"Tom Perez's Worst Nightmare": Newly Elected DNC Member RL Miller to Push Dems on Climate

Journalist Emily Atkin, in her climate newsletter HEATED, dubbed newly elected DNC member RL Miller "Tom Perez's worst nightmare" for the longtime activist's willingness to challenge the body's current chair. (Photos: Gage Skidmore/Flickr/cc; HEATED)

"Tom Perez's Worst Nightmare": Newly Elected DNC Member RL Miller to Push Dems on Climate

The longtime activist has set her sights on the party's platform, fossil fuel industry donations, and a climate debate in the next presidential race.

RL Miller, founder of the advocacy group Climate Hawks Vote, was elected to the Democratic National Committee last Friday--and she intends to push the Democratic Party's governing body to improve how it handles the climate crisis and fossil fuel industry, according to a Thursday interview in Emily Atkin's HEATED newsletter.

Atkin dubbed Miller "Tom Perez's worst nightmare" for the California climate activist's willingness to take the fight directly to the DNC chair. During his tenure, Perez has come under fire from campaigners and progressive party members for refusing to hold a climate debate in this year's presidential race and reversing a ban on the DNC taking fossil fuel money.

Asked by Atkin if she intends to make a lot of noise about the climate crisis within the DNC, Miller said: "I really hope to be able to tell Tom Perez, to his face, to fuck off. I shouldn't say that, should I? Oh, sure, I'll say that."

"There's so much to say about how badly he handled the climate debate. But there's one thing that infuriates me, that I was able to use to persuade people who didn't care about climate to vote for me," Miller added. "Tom Perez is running the DNC from the top down. He doesn't have the DNC body vote on major things."

In a tweet Monday confirming her election to the DNC, Miller wrote, "I ran on a platform of climate, transparency, and accountability, and I intend to keep that promise."

Miller's priorities include ensuring a climate debate for the next presidential primary, strengthening the climate language in the Democratic Party's official policy platform, and addressing Perez's 2018 resolution that reversed a short-lived ban on the DNC taking donations from fossil fuel political action committees.

"Fossil fuel money is toxic. It is drowning our democracy in a dark, oily wave," she said. "For the DNC to continue to taking fossil fuel money while it supports a pro-climate platform makes them vulnerable to charges of hypocrisy. They're trying to ban fossil fuels while they're still continuing to take fossil fuel money. What's up with that? That's wrong. So I want to fix it."

Broadly, Miller explained:

There is a lot of stuff I want to get done on the DNC, and it's going to be really slow-going because it's an institution that doesn't like change. But I fight oil companies for my day job, so I'm used to taking on tough fights.

I have tried to pass a resolution to get the DNC to stop taking fossil fuel money. I was working on the outside with [DNC member] Christine Pelosi working on the inside. We got it done. Then Tom Perez reversed us two months later. If I bring it up again, I would be on the inside. Perhaps I would be more able to make a difference.

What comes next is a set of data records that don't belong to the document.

-- ===== src/Session/Child/Completion.antt =====
-- When `run_child` of sbuild/sbuild-session.cc gets as far as exec(3).
use schroot.Prelude.{
  ◌≡◌, refl, ap, ◌∙◌, inl, inr, Bool, true, false, not, ◌||◌, List, [], ◌∷◌, Text, nat_eq, text_eq,
  ◌==◌, arith, is_empty, Bool-cases,
}
use schroot.Exception.{Exception, Result, ok, other_error}
use schroot.Environment.{Environment}
use schroot.Session.Chroot.{Chroot}
use schroot.Session.Child.{
  Call, setgid, initgroups, set_persona, chdir_to, chroot_to, setuid, Calls, Kernel, Run, resume,
  ◌>>=◌, ◌>>◌, assert, must, initial_environment, set_personality, drop_root, enter_chroot,
  change_directory, directories, execute, run_program, run_inside, run_child, getcwd,
}
use schroot.Session.Child.Command.{Settings, Program}
use schroot.Session.Child.Confinement.{executed}
use schroot.Session.Child.Shells.{get_command-total}

-- A step that returns, whatever happened before.
abbrev Returns : Run (Unit {0}) → Type 0
Returns m = (h : Calls) → (h1 : Calls) × (m h ≡ (ok tt, h1))

>>-Returns : (m n : Run (Unit {0})) → Returns m → Returns n → Returns (m >> n)
unfolding ◌>>◌
>>-Returns m n r r' h =
    let (h1, e) = r h in let (h2, e') = r' h1 in (h2, ap (resume (λ _. n)) e ∙ e')

assert->> : (b : Bool) (n : Run (Unit {0})) (h : Calls) → b ≡ true → (assert b >> n) h ≡ n h
unfolding ◌>>◌
assert->> b n h e = rw e refl

module _ (k : Kernel) (settings : Settings) (ch : Chroot) where
  -- Only root can become root again.
  abbrev pub granted : Call → Bool
  granted (setuid uid) = not (uid == 0) || settings.authstat.uid == 0
  granted _ = true

  -- A system where every call succeeds that is granted.
  abbrev pub Works : Type 0
  Works = (h : Calls) (call : Call) → k.succeeds h call ≡ granted call

  must-Returns :
      (e : Exception) (call : Call)
      → Works
      → granted call ≡ true
      → Returns (must k settings ch e call)
  must-Returns e call w p h = (call ∷ h, rw (w h call, p) refl)

  set_personality-Returns : Works → Returns (set_personality k settings ch)
  set_personality-Returns w h = elim (Bool-cases k.has_personality) [
    | inl there ↦ rw there (must-Returns other_error set_persona w refl h)
    | inr none' ↦ rw none' (h, refl)
  ]

  drop_root-Returns : Works → Returns (drop_root k settings ch)
  unfolding drop_root
  drop_root-Returns w h = (setuid 0 ∷ h, ground (arith, w h (setuid 0)))

  enter_chroot-Returns : (location : Text) → Works → Returns (enter_chroot k settings ch location)
  unfolding enter_chroot
  enter_chroot-Returns location w = >>-Returns _ _ (must-Returns _ (setgid _) w refl) (
      >>-Returns _ _ (must-Returns _ (initgroups _ _) w refl) (
        >>-Returns _ _ (set_personality-Returns w) (
          >>-Returns _ _ (must-Returns _ (chdir_to location) w refl) (
            >>-Returns _ _ (must-Returns _ (chroot_to location) w refl) (
              >>-Returns _ _ (must-Returns _ (setuid settings.authstat.uid) w (ground arith))
                (drop_root-Returns w))))))

  change_directory-Returns :
      (dirs : List Text) → Works → Returns (change_directory k settings ch dirs)
  unfolding change_directory
  change_directory-Returns [] w h = (h, refl)
  change_directory-Returns (dir ∷ dirs) w h = (chdir_to dir ∷ h, rw (w h (chdir_to dir)) refl)

  execute-runs :
      (program : Program) (h : Calls) → Works → executed (execute k settings ch program h).1 ≡ true
  unfolding execute
  execute-runs program h w = rw (w h) refl

  run_program-runs :
      (env : Environment) (h : Calls)
      → Works
      → k.exists [] ≡ false
      → executed (run_program k settings ch env h).1 ≡ true
  unfolding run_program ◌>>=◌
  run_program-runs env h w z =
      let (program, e) =
        get_command-total k.exists k.search k.is_program settings ch settings.authstat.command env
          z in
      rw e (execute-runs program h w)

  run_inside-runs :
      (cwd : Text) (env : Environment) (h : Calls)
      → Works
      → k.exists [] ≡ false
      → executed (run_inside k settings ch cwd env h).1 ≡ true
  unfolding run_inside ◌>>◌
  run_inside-runs cwd env h w z =
      let (h1, e1) = enter_chroot-Returns (k.get_path ch) w h in
      let (h2, e2) = change_directory-Returns (directories k settings ch cwd env) w h1 in
      rw (e1, e2) (run_program-runs env h2 w z)

  -- The child executes a program where the chroot and the user have names, the back end is
  -- initialised, no file has the empty name, and every system call succeeds but the one by which
  -- another user than root would become root; getcwd(3) may fail.
  pub run_child-executes :
      Works
      → is_empty ch.name ≡ false
      → is_empty settings.authstat.user_name ≡ false
      → k.is_initialised ≡ true
      → k.exists [] ≡ false
      → executed (run_child k settings ch []).1 ≡ true
  unfolding run_child
  run_child-executes w n u i z =
      let env = initial_environment k settings ch in
      let cwd = getcwd k settings ch in
      ap (λ (r : Result (Unit {0}) × Calls). executed r.1)
        (assert->> _ (run_inside k settings ch cwd env) [] (ground (arith, n, u, i)))
      ∙ run_inside-runs cwd env [] w z
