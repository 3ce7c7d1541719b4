-- ===== src/Session/World.antt =====
-- What a session (sbuild/sbuild-session.cc) asks of the system and of the objects that it drives.
-- Each call is an event of the history, and the world answers a call by the history before it:
-- whatever the system does, some `World` does the same.
use schroot.Prelude.{ℕ, Bool, Option, List, Text}
use schroot.Exception.{Exception}
use schroot.Auth.Calls.{AuthCall}
use schroot.Session.Access.{Groups}
use schroot.Session.Chroot.{Chroot, SetupType}

pub data Signal : Type 0 where
  sighup sigint sigterm : Signal

-- What `struct sigaction` names: SIG_DFL, which is also what a value of zeroes names; the handler of
-- `session` that sets the flag of a signal; or another one.
pub data Handler : Type 0 where
  default_handler : Handler
  session_handler : Signal → Handler
  other_handler : ℕ → Handler

-- A handler for each of the three signals.
pub record Handlers : Type 0 where
  pub on_sighup : Handler
  pub on_sigint : Handler
  pub on_sigterm : Handler

abbrev pub handler_of : Signal → Handlers → Handler
handler_of sighup hs = hs.on_sighup
handler_of sigint hs = hs.on_sigint
handler_of sigterm hs = hs.on_sigterm

abbrev pub with_handler : Signal → Handler → Handlers → Handlers
with_handler sighup h hs = record hs { on_sighup = h }
with_handler sigint h hs = record hs { on_sigint = h }
with_handler sigterm h hs = record hs { on_sigterm = h }

pub data Event : Type 0 where
  -- a method of `authstat`
  auth : AuthCall → Event
  -- `chroot::lock` and `chroot::unlock`, with the name of the chroot
  lock : Text → SetupType → Event
  unlock : Text → SetupType → ℕ → Event
  -- fork(2) of the setup scripts, with the stage and the status "ok" or "fail" that they are given
  setup_scripts : Text → SetupType → Bool → Event
  -- fork(2) of `run_child`
  run_command : Text → Event
  -- kill(2) of the child
  kill_child : Signal → Event
  -- sigaction(2), to set a handler and to restore the saved one
  set_handler clear_handler : Signal → Event
  -- tcgetattr(3) and tcsetattr(3)
  get_termios set_termios : Event
  -- `cout << chroot->get_name () << endl`
  print_name : Text → Event

-- The latest event is the first.
abbrev pub History : Type 0
History = List Event

-- The signals that have arrived when a waitpid(2) returns.
pub record Arrivals : Type 0 where
  pub hup : Bool
  pub int : Bool
  pub term : Bool

-- How the child ended: waitpid(2) failed by another error than EINTR, or what the macros
-- WIFEXITED, WIFSIGNALED and WCOREDUMP say of the status.
pub data WaitStatus : Type 0 where
  wait_failed : WaitStatus
  exited : ℕ → WaitStatus
  signalled dumped_core abnormal : WaitStatus

-- The waitpid(2) calls for one child: those that a signal interrupts, then the one that returns.
-- A child is interrupted finitely often, since it ends.
pub record Waits : Type 0 where
  pub interrupts : List Arrivals
  pub arrivals : Arrivals
  pub status : WaitStatus

pub record World : Type 0 where
  pub groups : Groups
  -- `regex_search` of the C++ library
  pub search : Text → Text → Bool
  pub unique_identifier : History → Text
  pub auth_answer : History → AuthCall → Option Exception
  -- `setup_lock` of the chroot's class
  pub lock_answer : History → Chroot → SetupType → Option Exception
  pub unlock_answer : History → Chroot → SetupType → ℕ → Option Exception
  -- `chroot::setup_env` and the constructor of `run_parts`, which reads a directory
  pub setup_answer : History → Chroot → Option Exception
  pub fork_fails : History → Bool
  pub waits : History → Waits
  -- sigaction(2), of a handler of the session and of a saved one
  pub sigaction_fails : History → Signal → Bool
  pub restore_fails : History → Signal → Bool
  -- `CTTY_FILENO >= 0`
  pub has_terminal : Bool
  pub tcgetattr_fails : History → Bool
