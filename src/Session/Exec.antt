-- ===== src/Session/Exec.antt =====
-- Methods of `session` as actions on its state: what is written before a throw stays written.
pub mod Laws
pub mod Spares
use schroot.Prelude.{ℕ, Bool, true, false, Option, none, some, List, ◌∷◌, if◌then◌else◌}
use schroot.Exception.{Exception, Result, ok, throw}
use schroot.Session.World.{Event, Handlers, History}

-- The members of `session` that change while it runs, the flags that the signal handlers set, the
-- handlers of the process, and the calls made so far.
pub record State : Type 0 where
  pub chroot_status : Bool
  pub lock_status : Bool
  pub child_status : ℕ
  pub termios_ok : Bool
  pub sighup_called : Bool
  pub sigint_called : Bool
  pub sigterm_called : Bool
  -- `saved_sighup_signal`, `saved_sigint_signal` and `saved_sigterm_signal`
  pub saved_handlers : Handlers
  -- those that the process has
  pub handlers : Handlers
  pub history : History

abbrev pub M {ℓ} : Type ℓ → Type ℓ
M A = State → Result A × State

abbrev pub resume {ℓ κ} :
    {A : Type ℓ} {B : Type κ} → (A → M B) → Result A × State → Result B × State
resume f (ok a, s) = f a s
resume f (throw e, s) = (throw e, s)

infixl 5 ◌>>=◌ ◌>>◌
unfoldable pub ◌>>=◌ {ℓ κ} : {A : Type ℓ} {B : Type κ} → M A → (A → M B) → M B
◌>>=◌ m f s = resume f (m s)

unfoldable pub ◌>>◌ {ℓ κ} : {A : Type ℓ} {B : Type κ} → M A → M B → M B
◌>>◌ m k s = resume (λ _. k) (m s)

module _ {ℓ} {A : Type ℓ} where
  abbrev pub pure : A → M A
  pure a s = (ok a, s)

  abbrev pub raise : Exception → M A
  raise e s = (throw e, s)

  abbrev pub lift : Result A → M A
  lift r s = (r, s)

  abbrev pub handle : (Exception → Bool) → (Exception → M A) → Result A × State → Result A × State
  handle caught handler (ok a, s) = (ok a, s)
  handle caught handler (throw e, s) = if caught e then handler e s else (throw e, s)

  -- `try { m } catch (E const& e) { handler }`, for the exceptions of the type E
  unfoldable pub try_catch : (Exception → Bool) → M A → (Exception → M A) → M A
  try_catch caught m handler s = handle caught handler (m s)

abbrev pub modify : (State → State) → M (Unit {0})
modify f s = (ok tt, f s)

abbrev pub done : M (Unit {0})
done = pure tt

-- `try { m } catch (E const& discard) { }`
unfoldable pub swallow : (Exception → Bool) → M (Unit {0}) → M (Unit {0})
swallow caught m = try_catch caught m (λ e. done)

abbrev pub log : Event → State → State
log event s = record s { history = event ∷ s.history }

abbrev pub answer : Option Exception → State → Result (Unit {0}) × State
answer none s = (ok tt, s)
answer (some e) s = (throw e, s)

-- A call: the world answers by the history before it.
abbrev pub call : Event → (History → Option Exception) → M (Unit {0})
call event reply s = answer (reply s.history) (log event s)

I want to work on basic transparency. California elects 20 DNC members, and we know who our DNC members are. If people don't like what I do, they're going to vote me out of office. But there are many states where people don't know who their DNC members even are.

Miller, who lives in Southern California, is a survivor of the 2018 Woolsey Fire, which came within 500 feet of her home. "That fire made it really personal for me," Miller told Atkin, describing an exercise she does at large gatherings for the California Democratic Party as chair of the Environmental Caucus.

She begins by asking anyone from the devastated town of Paradise, California to stand up, followed by people who have been directly impacted by recent wildfires, followed by anyone who knows someone affected by the climate crisis-fueled fires.

"I've done this several times, in rooms of hundreds of people. Everybody, everybody, knows somebody," Miller said. "This is not something happening in the future. This is already happening."